If it doesn`t get better I`d check for tb. If neosporin works you should be o.k. as mycobacteria shouldn`t be cured by neosporin.


----------



## Jungle_John (Feb 19, 2007)

tb? also i dont know if this is common for a stressed out female but i found 2 dropped eggs. is this a bad sign or is this somthing common? i just gave her flys so im waiting to see if she eat (she should she been eating fine all along)


----------



## Rich Frye (Nov 25, 2007)

My brother may be able to help out. Silersulfadiazine (sp?) is a great med and may help. But contact him. I am not the vet. Contact info on my site.
It is very common for Darts that are stressed to lay. "The world is ending. Pass along genes"

Rich


----------



## UmbraSprite (Mar 2, 2007)

John,

Never seen anything like that before.
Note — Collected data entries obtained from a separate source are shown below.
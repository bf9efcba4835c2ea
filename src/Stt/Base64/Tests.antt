-- ===== src/Stt/Base64/Tests.antt =====
-- Runs of the base64 functions.
use lclva.Prelude.{◌≡◌, refl, some, arith, length}
use lclva.Dialogue.SentenceSplitter.{bytes}
use lclva.Stt.Base64.{base64_encode, base64_decode, group}
use lclva.Stt.Base64.RoundTrip.{decode-encode}

hello_encoded : base64_encode (bytes "Hello") ≡ bytes "SGVsbG8="
unfolding base64_encode
hello_encoded = refl

-- What stands behind a padded group is dropped without a word.
behind_padding : base64_decode (bytes "QQ==QUJD") ≡ some (bytes "A")
unfolding base64_decode group
behind_padding = refl

decode-encode_example :
    (base64_decode (base64_encode (bytes "Hello")) ≡ some (bytes "Hello"))
    × (length (base64_encode (bytes "Hello")) ≡ 8)
decode-encode_example =
    decode-encode (bytes "Hello")
      (omega arith, (omega arith, (omega arith, (omega arith, (omega arith, tt)))))
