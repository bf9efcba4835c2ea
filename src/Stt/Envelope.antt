-- ===== src/Stt/Envelope.antt =====
-- src/stt/realtime_envelope.cpp: fragments of messages. The JSON reader is not modelled: `feed` gets the
-- envelope it reads, or none. The pending messages are a function of the ids.
mod Counting
pub mod Fragments
pub mod Reassembly
mod Tests
use lclva.Prelude.{
  ℕ, zero, suc, ◌+◌, List, [], ◌∷◌, ◌++◌, Option, none, some, Bool, true, false, not, ◌&&◌, ◌||◌,
  if◌then◌else◌, leb, ltb, ◌==◌, length, set, get_elem?,
}
use lclva.Stt.Base64.{base64_decode}

abbrev pub Text : Type 0
Text = List ℕ

-- "full_message", "partial_message" or anything else
pub data Kind : Type 0 where
  full_message partial_message other : Kind

pub record Envelope : Type 0 where
  pub id : Text
  pub kind : Kind
  pub payload : Text
  pub fragment_index : Option ℕ
  pub total_fragments : Option ℕ

pub record Pending : Type 0 where
  pub fragments : List Text
  pub received : ℕ

pub record EnvelopeReassembler : Type 0 where
  pub pending : Text → Option Pending

unfoldable pub envelope_reassembler : EnvelopeReassembler
envelope_reassembler = record { pending = λ _. none }

abbrev pub same_text : Text → Text → Bool
same_text [] [] = true
same_text (a ∷ s) (b ∷ t) = (a == b) && same_text s t
same_text _ _ = false

abbrev pub put : Text → Option Pending → EnvelopeReassembler → EnvelopeReassembler
put id p r = record { pending = λ x. if same_text x id then p else r.pending x }

abbrev pub is_empty : Text → Bool
is_empty [] = true
is_empty (c ∷ s) = false

abbrev pub has_fragment : List Text → ℕ → Bool
has_fragment fs idx = elim (get_elem? fs idx) [ none ↦ false | some f ↦ not (is_empty f) ]

abbrev pub empty_fragments : ℕ → List Text
empty_fragments zero = []
empty_fragments (suc n) = [] ∷ empty_fragments n

abbrev pub joined : List Text → Text
joined [] = []
joined (f ∷ fs) = f ++ joined fs

-- A fragment of a message that is there, with the number of fragments that it began with.
unfoldable pub take_fragment :
    Text → Pending → ℕ → Text → EnvelopeReassembler → Option Text × EnvelopeReassembler
unfolding base64_decode
take_fragment id p idx payload r =
    if has_fragment p.fragments idx
    then (none, put id (some p) r)
    else (let p' : Pending = record {
      fragments = set p.fragments idx payload;
      received = p.received + 1;
    } in
        if p'.received == length p'.fragments
        then (base64_decode (joined p'.fragments), put id none r)
        else (none, put id (some p') r))

-- `try_emplace`, and the check on the number of fragments.
unfoldable pub on_pending :
    Text → ℕ → ℕ → Text → EnvelopeReassembler → Option Pending → Option Text × EnvelopeReassembler
unfolding take_fragment
on_pending id idx total payload r none =
    take_fragment id (record { fragments = empty_fragments total; received = 0 }) idx payload r
on_pending id idx total payload r (some p) =
    if not (length p.fragments == total)
    then (none, put id none r)
    else take_fragment id p idx payload r

unfoldable pub on_fragment :
    Text → ℕ → ℕ → Text → EnvelopeReassembler → Option Text × EnvelopeReassembler
unfolding on_pending
on_fragment id idx total payload r =
    if (total == 0) || leb total idx
    then (none, r)
    else on_pending id idx total payload r (r.pending id)

unfoldable pub on_partial :
    Text → Option ℕ → Option ℕ → Text → EnvelopeReassembler → Option Text × EnvelopeReassembler
unfolding on_fragment
on_partial id (some idx) (some total) payload r = on_fragment id idx total payload r
on_partial id _ _ payload r = (none, r)

unfoldable pub on_envelope :
    Kind → Envelope → EnvelopeReassembler → Option Text × EnvelopeReassembler
unfolding base64_decode on_partial
on_envelope Kind.full_message e r = (base64_decode e.payload, r)
on_envelope Kind.partial_message e r =
    on_partial e.id e.fragment_index e.total_fragments e.payload r
on_envelope Kind.other e r = (none, r)

unfoldable pub feed : Option Envelope → EnvelopeReassembler → Option Text × EnvelopeReassembler
unfolding on_envelope
feed none r = (none, r)
feed (some e) r = on_envelope e.kind e r
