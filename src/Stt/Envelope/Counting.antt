-- ===== src/Stt/Envelope/Counting.antt =====
-- src/stt/realtime_envelope.cpp: vectors of fragments as functions, and how many have come.
use lclva.Prelude.{
  ℕ, zero, suc, ◌<◌, ◌≤◌, ◌≡◌, inl, inr, refl, ap, ap₂, ◌∙◌, List, [], ◌∷◌, Bool, true, false, not,
  if◌then◌else◌, ◌==◌, length, at, arith, Bool-cases,
}
use lclva.Stt.Envelope.{Text, same_text, is_empty, has_fragment, empty_fragments}

pub same_text_refl : (s : Text) → same_text s s ≡ true
same_text_refl [] = refl
same_text_refl (c ∷ s) = ground (arith, same_text_refl s)

-- The first `n` values of a function.
abbrev pub tabulate {ℓ} : {A : Type ℓ} → ℕ → (ℕ → A) → List A
tabulate zero f = []
tabulate (suc n) f = f 0 ∷ tabulate n (λ i. f (suc i))

pub list_is :
    (n : ℕ) (fs : List Text) (f : ℕ → Text)
    → length fs ≡ n
    → ((i : ℕ) → i < n → at [] fs i ≡ f i)
    → fs ≡ tabulate n f
list_is zero [] f l e = refl
list_is zero (x ∷ fs) f l e = absurd (omega arith)
list_is (suc n) [] f l e = absurd (omega arith)
list_is (suc n) (x ∷ fs) f l e =
    ap₂ (λ a b. a ∷ b) (e 0 (omega arith))
      (list_is n fs (λ i. f (suc i)) (omega arith) (λ i h. e (suc i) (omega arith)))

pub has_fragment_lem : (fs : List Text) (i : ℕ) → has_fragment fs i ≡ not (is_empty (at [] fs i))
has_fragment_lem [] i = refl
has_fragment_lem (x ∷ fs) zero = refl
has_fragment_lem (x ∷ fs) (suc i) = has_fragment_lem fs i

pub length-empty_fragments : (n : ℕ) → length (empty_fragments n) ≡ n
length-empty_fragments zero = refl
length-empty_fragments (suc n) = ap suc (length-empty_fragments n)

pub at-empty_fragments : (n i : ℕ) → at [] (empty_fragments n) i ≡ []
at-empty_fragments zero i = refl
at-empty_fragments (suc n) zero = refl
at-empty_fragments (suc n) (suc i) = at-empty_fragments n i

-- Which fragments have come, and how many of the first `n`.
abbrev pub mark : ℕ → (ℕ → Bool) → ℕ → Bool
mark idx g i = if i == idx then true else g i

abbrev pub count : ℕ → (ℕ → Bool) → ℕ
count zero g = 0
count (suc n) g = if g n then suc (count n g) else count n g

pub count-none : (n : ℕ) → count n (λ i. false) ≡ 0
count-none zero = refl
count-none (suc n) = count-none n

pub count_le : (n : ℕ) (g : ℕ → Bool) → count n g ≤ n
count_le zero g = omega arith
count_le (suc n) g = ground (arith, count_le n g)

count-mark_above : (n idx : ℕ) (g : ℕ → Bool) → n ≤ idx → count n (mark idx g) ≡ count n g
count-mark_above zero idx g h = refl
count-mark_above (suc n) idx g h = ground (arith, count-mark_above n idx g (omega arith))

pub count-mark :
    (n idx : ℕ) (g : ℕ → Bool) → idx < n → g idx ≡ false → count n (mark idx g) ≡ suc (count n g)
count-mark zero idx g h e = absurd (omega arith)
count-mark (suc n) idx g h e = elim (Bool-cases (n == idx)) [
  | inl q ↦
      let same : n ≡ idx = ground (arith, q) in
      let off : g n ≡ false = ap g same ∙ e in
      ground (arith, q, off, count-mark_above n idx g (omega (arith, same)))
  | inr q ↦
      let below : idx < n = ground (arith, q, h) in ground (arith, q, count-mark n idx g below e)
]

count_same : (n : ℕ) (g h : ℕ → Bool) → ((i : ℕ) → g i ≡ h i) → count n g ≡ count n h
count_same zero g h e = refl
count_same (suc n) g h e = ground (arith, e n, count_same n g h e)

pub count-mark_again : (n idx : ℕ) (g : ℕ → Bool) → g idx ≡ true → count n (mark idx g) ≡ count n g
count-mark_again n idx g e = count_same n (mark idx g) g (λ i. grind (arith, e))

pub count-mark_le : (n idx : ℕ) (g : ℕ → Bool) → idx < n → count n g ≤ count n (mark idx g)
count-mark_le n idx g h = elim (Bool-cases (g idx)) [
  | inl e ↦ omega (arith, count-mark_again n idx g e)
  | inr e ↦ omega (arith, count-mark n idx g h e)
]

pub count_full : (n : ℕ) (g : ℕ → Bool) → count n g ≡ n → (i : ℕ) → i < n → g i ≡ true
count_full zero g e i h = absurd (omega arith)
count_full (suc n) g e i h = elim (Bool-cases (g n)) [
  | inl q ↦
      let rest : count n g ≡ n = ground (arith, q, e) in
      elim (Bool-cases (i == n)) [
        | inl s ↦ ap g (ground (arith, s)) ∙ q
        | inr s ↦ count_full n g rest i (ground (arith, s, h))
      ]
  | inr q ↦ absurd (ground (arith, q, e, count_le n g))
]

pub count_all : (n : ℕ) (g : ℕ → Bool) → ((i : ℕ) → i < n → g i ≡ true) → count n g ≡ n
count_all zero g e = refl
count_all (suc n) g e = ground (arith, e n (omega arith), count_all n g (λ i h. e i (omega arith)))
I think you should take Rich up on his advice and contact his brother who is pretty much the go to vet for dart frogs.


----------



## Jungle_John (Feb 19, 2007)

day 2 over. result almost the same. maybe less swelling. i will photograph her soon to compare photos. however i think im stressing her out so much she dosnt want to eat while i watch. im hoping she eating while im gone. ill have to watch her body weight now also. good thing she rather fat and not slim. every one wish her the best


----------



## Jungle_John (Feb 19, 2007)

day 3 over: maybe the same size still. the opening are covering over with a nice white skin so thats starting to look alot better. lets hope swelling will go down alot. 
:x


----------



## dart_king (Mar 2, 2008)

good luck!


----------



## Jungle_John (Feb 19, 2007)

end of day 4. ill let you decide. these photos are taken the morning of day 5.
what you think?










and to compare day found to now


----------



## UmbraSprite (Mar 2, 2007)

Still scary looking...but the redness and swelling are definitely decreased. 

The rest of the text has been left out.